WHAT IS REQUIRED:
Once you find the line with "pub mod Mapping" in the entries below, return exactly every line from it through the line with "-- What a period".

RECORDS FOR PROCESSING:
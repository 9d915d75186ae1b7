-- ===== src/Host/Tests.antt =====
-- The theorems on the script thread's calls at accesses of the wait and two events.
use bipscript.Prelude.{ℕ, ◌≡◌, refl, arith, List, [], ◌∷◌, true, false, none, some}
use bipscript.Prelude.Int.{pos}
use bipscript.Midi.{MidiEvent, control}
use bipscript.Host.{Function, Connection, Script, Came, load, wait, next}
use bipscript.Host.Wait.{Ended, wait_lem}

abbrev quiet : Came ℕ
quiet = record { restart = false; closures = [] }

abbrev two_calls : Came ℕ
two_calls = record { restart = false; closures = 1 ∷ 2 ∷ [] }

abbrev one_call : Came ℕ
one_call = record { restart = true; closures = 3 ∷ [] }

abbrev late_call : Came ℕ
late_call = record { restart = false; closures = 4 ∷ [] }

abbrev waiting : Script ℕ
waiting = record {
  queue = [];
  executed = [];
  restart_flag = false;
  running_flag = false;
  released = false;
  frees = 0;
}

abbrev quiet_after : List (Came ℕ)
quiet_after = quiet ∷ quiet ∷ late_call ∷ quiet ∷ quiet ∷ []

-- The call that comes with the load of the flag is left.
waited :
    wait load (quiet ∷ two_calls ∷ one_call ∷ quiet_after) waiting
    ≡ some (record {
      queue = 4 ∷ [];
      executed = 1 ∷ 2 ∷ 3 ∷ [];
      restart_flag = false;
      running_flag = true;
      released = true;
      frees = 1;
    })
unfolding wait next
waited = refl

wait_lem_example :
    (s' : Script ℕ) × (wait load (quiet ∷ two_calls ∷ one_call ∷ quiet_after) waiting ≡ some s')
    × Ended waiting (quiet ∷ two_calls ∷ one_call ∷ quiet_after) s'
wait_lem_example =
    wait_lem (quiet ∷ two_calls ∷ []) one_call quiet_after waiting refl refl (omega arith)

abbrev turned : MidiEvent
turned = record {
  position = record { whole = 1; position = 1; division = 1 };
  frame_offset = pos 3;
  payload = record { type = control; databyte1 = 7; databyte2 = 90; channel = 0 };
}

abbrev handler : Function
handler = record { name = 1; numargs = 3 }

abbrev connection : Connection
connection = record {
  handler_defined = false;
  on_control_handler = none;
  on_note_on_handler = none;
  on_note_off_handler = none;
}
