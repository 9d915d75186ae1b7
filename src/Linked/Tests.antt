-- ===== src/Linked/Tests.antt =====
-- The theorems on src/listable.h at concrete lists.
use bipscript.Prelude.{[], ◌∷◌, ◌==◌, if◌then◌else◌, arith}
use bipscript.Linked.{Heap, Links}
use bipscript.Linked.Chain.{Holds}

-- The objects 1 → 2 and 5 → 6, each pair in a list of its own.
abbrev memory : Heap
memory p = if p == 1 then 2 else if p == 5 then 6 else 0

abbrev pair : Links
pair = record { first = 1; last = 2 }

abbrev other : Links
other = record { first = 5; last = 6 }

-- A list from which `remove` has taken its last object.
abbrev empty_list : Links
empty_list = record { first = 0; last = 9 }

pair-Holds : Holds memory pair (1 ∷ 2 ∷ [])
pair-Holds = record { chain = omega arith; distinct = omega arith; ends = omega arith }

other-Holds : Holds memory other (5 ∷ 6 ∷ [])
other-Holds = record { chain = omega arith; distinct = omega arith; ends = omega arith }
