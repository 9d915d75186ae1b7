-- ===== src/Lv2.antt =====
-- src/lv2plugin.h and src/lv2plugin.cpp: the MIDI input of a plugin, which packs the events of its
-- buffer and of its connection. The atom sequence belongs to LV2, and is here the list of its events;
-- whether it has room for another is a parameter.
pub mod Merge
pub mod Uris
pub mod Worker
pub mod Plugin
pub mod Period
pub mod Controls
pub mod Wired
pub mod Mapping
pub mod Dangling
mod Tests
use bipscript.Prelude.{
  ℕ, zero, suc, ◌+◌, List, [], ◌∷◌, ◌++◌, map, Bool, false, not, ◌&&◌, Option, none, some,
  if◌then◌else◌, length,
}
use bipscript.Prelude.Int.{ℤ, pos, negsuc, ltb_ℤ}
use bipscript.Position.{Position}
use bipscript.EventBuffer.{EventBuffer, get_next_event, recycle_remaining}
use bipscript.Midi.{EventData, MidiEvent, control, pack}

-- `MidiEvent` of lv2plugin.h, with the bytes that `pack` writes; of the size, which is always 3, a byte that
-- is not written has what is in memory.
pub record Lv2Event : Type 0 where
  pub frames : ℕ
  pub size : ℕ
  pub bytes : List ℕ

pub record MidiInput : Type 0 where
  pub event_buffer : EventBuffer EventData
  pub local_rolling : Bool

-- What the loop appends and recycles, and the buffer it leaves.
pub record Packed : Type 0 where
  pub taken : List MidiEvent
  pub recycled : List MidiEvent
  pub left : EventBuffer EventData

-- What a period leaves, hands to the collector, and has in the sequence.
pub record Processed : Type 0 where
  pub input : MidiInput
  pub recycled : List MidiEvent
  pub sequence : List Lv2Event

-- `frame >= 0 ? frame : 0`
abbrev pub not_negative : ℤ → ℕ
not_negative (pos n) = n
not_negative (negsuc n) = 0

abbrev pub lv2_event : MidiEvent → Lv2Event
lv2_event e = record { frames = not_negative e.frame_offset; size = 3; bytes = pack e.payload }

-- The loop that turns all notes off, with `remaining` channels left.
abbrev pub notes_off : (remaining channel : ℕ) → List Lv2Event
notes_off zero channel = []
notes_off (suc remaining) channel =
    record { frames = 0; size = 3; bytes = (control + channel) ∷ 0x7b ∷ 0 ∷ [] }
    ∷ notes_off remaining (suc channel)

abbrev pub take_event : MidiEvent → List MidiEvent → Option Packed → Option Packed
take_event e recycled none = none
take_event e recycled (some p) =
    some (record { taken = e ∷ p.taken; recycled = recycled ++ p.recycled; left = p.left })

-- The messages that end all notes, if the transport has stopped.
abbrev pub all_notes_off : Bool → MidiInput → List Lv2Event
all_notes_off rolling input = if input.local_rolling && not rolling then notes_off 16 0 else []

-- Whether the sequence has room, in its 1024 bytes, for an event after these.
abbrev pub Fits : Type 0
Fits = List Lv2Event → Lv2Event → Bool

-- `lv2_atom_sequence_append_event`; what it returns is not looked at.
abbrev pub append_event : Fits → List Lv2Event → Lv2Event → List Lv2Event
append_event fits seq e = if fits seq e then seq ++ e ∷ [] else seq

abbrev pub append_events : Fits → List Lv2Event → List Lv2Event → List Lv2Event
append_events fits seq [] = seq
append_events fits seq (e ∷ es) = append_events fits (append_event fits seq e) es

-- The sequence, which is cleared first, after all the calls in their order.
abbrev pub appended : Fits → Bool → MidiInput → List MidiEvent → Option Packed → Option Processed
appended fits rolling input late none = none
appended fits rolling input late (some p) = some (record {
  input = record { event_buffer = p.left; local_rolling = rolling };
  recycled = late ++ p.recycled;
  sequence = append_events fits [] (all_notes_off rolling input ++ map lv2_event p.taken);
})

-- `calculate` is the frame offset of a position.
module _ (calculate : Position → ℤ) (rolling : Bool) (nframes : ℕ) where
  -- `while(bufferEvent || connectionEvent) { … }`, with fuel. The last list starts with
  -- `connectionEvent`.
  unfoldable pub merge_events :
      ℕ → Option MidiEvent → EventBuffer EventData → List MidiEvent → Option Packed
  merge_events zero event b events = none
  merge_events (suc fuel) none b [] = some (record { taken = []; recycled = []; left = b })
  merge_events (suc fuel) none b (c ∷ events) = take_event c [] (merge_events fuel none b events)
  merge_events (suc fuel) (some e) b [] =
      let n = get_next_event calculate rolling nframes b in
      take_event e (e ∷ n.recycled) (merge_events fuel n.event n.buffer [])
  merge_events (suc fuel) (some e) b (c ∷ events) =
      let n = get_next_event calculate rolling nframes b in
      let from_buffer =
        take_event e (e ∷ n.recycled) (merge_events fuel n.event n.buffer (c ∷ events)) in
      let from_connection = take_event c [] (merge_events fuel (some e) b events) in
      if ltb_ℤ e.frame_offset c.frame_offset then from_buffer else from_connection

  -- `MidiInput::process`; `events` are those of its connection in this period, after the source has
  -- been processed, and none without a connection.
  unfoldable pub process_input : Fits → ℕ → List MidiEvent → MidiInput → Option Processed
  process_input fits fuel events input =
      let n = get_next_event calculate rolling nframes input.event_buffer in
      appended fits rolling input n.recycled (merge_events fuel n.event n.buffer events)
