-- ===== src/Mixer.antt =====
-- src/mixer.h and src/mixer.cpp: the calls of the script that connect a mixer and set its gains.
-- Mixer/Script.antt has the others of them, and Mixer/Process.antt what runs in the process thread.
pub mod Script
pub mod Process
pub mod Period
pub mod Clean
pub mod Matrix
pub mod Distribute
pub mod Connect
pub mod Make
pub mod Faults
mod Tests
use bipscript.Prelude.{
  ℕ, zero, suc, ◌+◌, ◌-◌, ◌%◌, List, [], ◌∷◌, ◌++◌, Bool, true, false, ◌||◌, Option, none, some,
  ltb, ◌==◌, not, if◌then◌else◌, String, length, get_elem?, set, Result, ok, err, fault,
}
use bipscript.Prelude.Int.{ℤ}
use bipscript.Position.{u32, make_position}
use bipscript.EventBuffer.{Event, EventBuffer, add_event}

-- How a call ends: it returns; it throws, with what it has done by then; it spins on a queue that is
-- full; or it writes through a pointer that it does not own.
pub data Call (S : Type 0) : Type 0 where
  returned : S → Call S
  threw : String → S → Call S
  spins : Call S
  crashed : Call S

abbrev pub and_then : {S : Type 0} → Call S → (S → Call S) → Call S
and_then (returned s) next = next s
and_then (threw text s) next = threw text s
and_then spins next = spins
and_then crashed next = crashed

-- What floating point gives; nothing is assumed of it.
pub record Floats (F : Type 0) : Type 0 where
  pub zero_gain : F
  pub of_int : ℤ → F
  pub of_controller : ℕ → F
  pub plus : F → F → F
  pub times : F → F → F
  pub is_zero : F → Bool

-- A script value, as far as `connect` tells them apart.
mutual
  pub data ScriptValue (F : Type 0) : Type 0 where
    integer : ℤ → ScriptValue F
    float : F → ScriptValue F
    array : ScriptArray F → ScriptValue F
    other : ScriptValue F

  pub data ScriptArray (F : Type 0) : Type 0 where
    end : ScriptArray F
    entry : ScriptValue F → ScriptArray F → ScriptArray F

abbrev pub size : {F : Type 0} → ScriptArray F → ℕ
size end = 0
size (entry v rest) = suc (size rest)

pub record GainEvent (F : Type 0) : Type 0 where
  pub input : ℕ
  pub output : ℕ
  pub value : F

pub record Mapping : Type 0 where
  pub connection : ℕ
  pub cc : ℕ
  pub input : ℕ
  pub output : ℕ

-- `MixerControlConnection`: its mappings, newest first.
pub record ControlConnection : Type 0 where
  pub mappings : List Mapping
  pub connection : ℕ
  pub event_count : ℕ
  pub event_index : ℕ

-- `Mixer`. The control connections that were made are `controls`, and a pointer to one is its place
-- there; `fresh_connections` is the queue and `control_connections` the list of the `QueueList`.
pub record Mixer (F : Type 0) : Type 0 where
  pub gain : List (List F)
  pub connected_inputs : ℕ
  pub audio_input_count : ℕ
  pub audio_input : List (Option ℕ)
  pub audio_output_count : ℕ
  pub control_connection_map : List (ℕ × ℕ)
  pub controls : List ControlConnection
  pub new_mappings : List Mapping
  pub fresh_connections : List ℕ
  pub control_connections : List ℕ
  pub gain_events : EventBuffer (GainEvent F)

abbrev pub mapping_queue_size : ℕ
mapping_queue_size = 16

abbrev pub connection_queue_size : ℕ
connection_queue_size = 4

abbrev pub repeat : {A : Type 0} → ℕ → A → List A
repeat zero x = []
repeat (suc n) x = x ∷ repeat n x

-- `Mixer::Mixer`
abbrev pub make_mixer : {F : Type 0} → Floats F → (inputs outputs : ℕ) → Mixer F
make_mixer floats inputs outputs = record {
  gain = repeat inputs (repeat outputs floats.zero_gain);
  connected_inputs = 0;
  audio_input_count = inputs;
  audio_input = repeat inputs none;
  audio_output_count = outputs;
  control_connection_map = [];
  controls = [];
  new_mappings = [];
  fresh_connections = [];
  control_connections = [];
  gain_events = record { event_queue = []; sorted_events = [] };
}

module _ {F : Type 0} where
  -- `gain[i][o] = value`; none is a write outside the matrix.
  abbrev pub write_row : ℕ → F → List (List F) → ℕ → Option (List F) → Option (List (List F))
  write_row o value gain i none = none
  write_row o value gain i (some row) =
      if ltb o (length row) then some (set gain i (set row o value)) else none

  unfoldable pub write_gain : ℕ → ℕ → F → List (List F) → Option (List (List F))
  write_gain i o value gain = write_row o value gain i (get_elem? gain i)

  abbrev pub stored : Mixer F → Option (List (List F)) → Call (Mixer F)
  stored m none = crashed
  stored m (some gain) = returned (record m { gain = gain })

  unfoldable pub set_gain : ℕ → ℕ → F → Mixer F → Call (Mixer F)
  set_gain i o value m = stored m (write_gain i o value m.gain)

  -- `audioInput[connectedInputs++].setConnection(source.getAudioConnection(i), this)`; `connection i` is
  -- what `setConnection` stores for the source's output `i`, as Routing models it.
  abbrev pub connect_input : ℕ → Mixer F → Result ℕ → Call (Mixer F)
  connect_input i m fault = crashed
  connect_input i m (err text) = threw text (record m { connected_inputs = (i + 1) % u32 })
  connect_input i m (ok source) =
      if ltb i (length m.audio_input)
      then returned (record m {
        connected_inputs = (i + 1) % u32;
        audio_input = set m.audio_input i (some source);
      })
      else crashed

  -- `for(i = 0; i < count; i++)`, with `remaining` rounds left.
  unfoldable pub connect_inputs :
      (connection : ℕ → Result ℕ) → (remaining i : ℕ) → Mixer F → Call (Mixer F)
  connect_inputs connection zero i m = returned m
  connect_inputs connection (suc remaining) i m =
      and_then (connect_input m.connected_inputs m (connection i))
        (connect_inputs connection remaining (suc i))

  -- `while(inputCounter < inputOutputCount || outputCounter < audioOutputCount)`: both counters are
  -- `k`, and the remainder by no outputs traps. With fuel.
  unfoldable pub distribute : (fuel count : ℕ) → F → (k : ℕ) → Mixer F → Call (Mixer F)
  distribute zero count initial k m = threw "out of fuel" m
  distribute (suc fuel) count initial k m =
      let written =
        if m.audio_output_count == 0
        then crashed
        else set_gain ((m.connected_inputs + k % count) % u32) (k % m.audio_output_count) initial
            m in
      let next = and_then written (distribute fuel count initial (suc k)) in
      if ltb k count || ltb k m.audio_output_count then next else returned m

  -- `connect(Source &, float)`; `count` is the source's number of audio outputs.
  unfoldable pub connect_gain :
      (connection : ℕ → Result ℕ) → (count : ℕ) → F → Mixer F → Call (Mixer F)
  connect_gain connection count initial m =
      if count == 0
      then threw "input has no audio outputs" m
      else if ltb m.audio_input_count ((m.connected_inputs + count) % u32)
      then threw "not enough inputs available" m
      else and_then (distribute (suc (count + m.audio_output_count)) count initial 0 m)
          (connect_inputs connection count 0)

  unfoldable pub validate_input : ℕ → Mixer F → Option String
  validate_input input m =
      if input == 0
      then some "There is no input channel zero"
      else if ltb m.audio_input_count input
      then some "No such input on this mixer"
      else none

  unfoldable pub validate_output : ℕ → Mixer F → Option String
  validate_output output m =
      if output == 0
      then some "There is no output channel zero"
      else if ltb m.audio_output_count output
      then some "No such output on this mixer"
      else none

  abbrev pub unless_error : Option String → Mixer F → Call (Mixer F) → Call (Mixer F)
  unless_error (some text) m next = threw text m
  unless_error none m next = next

  abbrev pub validated : ℕ → ℕ → Mixer F → Call (Mixer F) → Call (Mixer F)
  validated input output m next =
      unless_error (validate_input input m) m (unless_error (validate_output output m) m next)

  -- `restore`
  unfoldable pub restore : Mixer F → Mixer F
  restore m = record m { control_connection_map = [] }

WRITTEN SOLUTION:
pub mod Mapping
pub mod Dangling
mod Tests
use bipscript.Prelude.{
  ℕ, zero, suc, ◌+◌, List, [], ◌∷◌, ◌++◌, map, Bool, false, not, ◌&&◌, Option, none, some,
  if◌then◌else◌, length,
}
use bipscript.Prelude.Int.{ℤ, pos, negsuc, ltb_ℤ}
use bipscript.Position.{Position}
use bipscript.EventBuffer.{EventBuffer, get_next_event, recycle_remaining}
use bipscript.Midi.{EventData, MidiEvent, control, pack}

-- `MidiEvent` of lv2plugin.h, with the bytes that `pack` writes; of the size, which is always 3, a byte that
-- is not written has what is in memory.
pub record Lv2Event : Type 0 where
  pub frames : ℕ
  pub size : ℕ
  pub bytes : List ℕ

pub record MidiInput : Type 0 where
  pub event_buffer : EventBuffer EventData
  pub local_rolling : Bool

-- What the loop appends and recycles, and the buffer it leaves.
pub record Packed : Type 0 where
  pub taken : List MidiEvent
  pub recycled : List MidiEvent
  pub left : EventBuffer EventData

-- What a period leaves, hands to the collector, and has in the sequence.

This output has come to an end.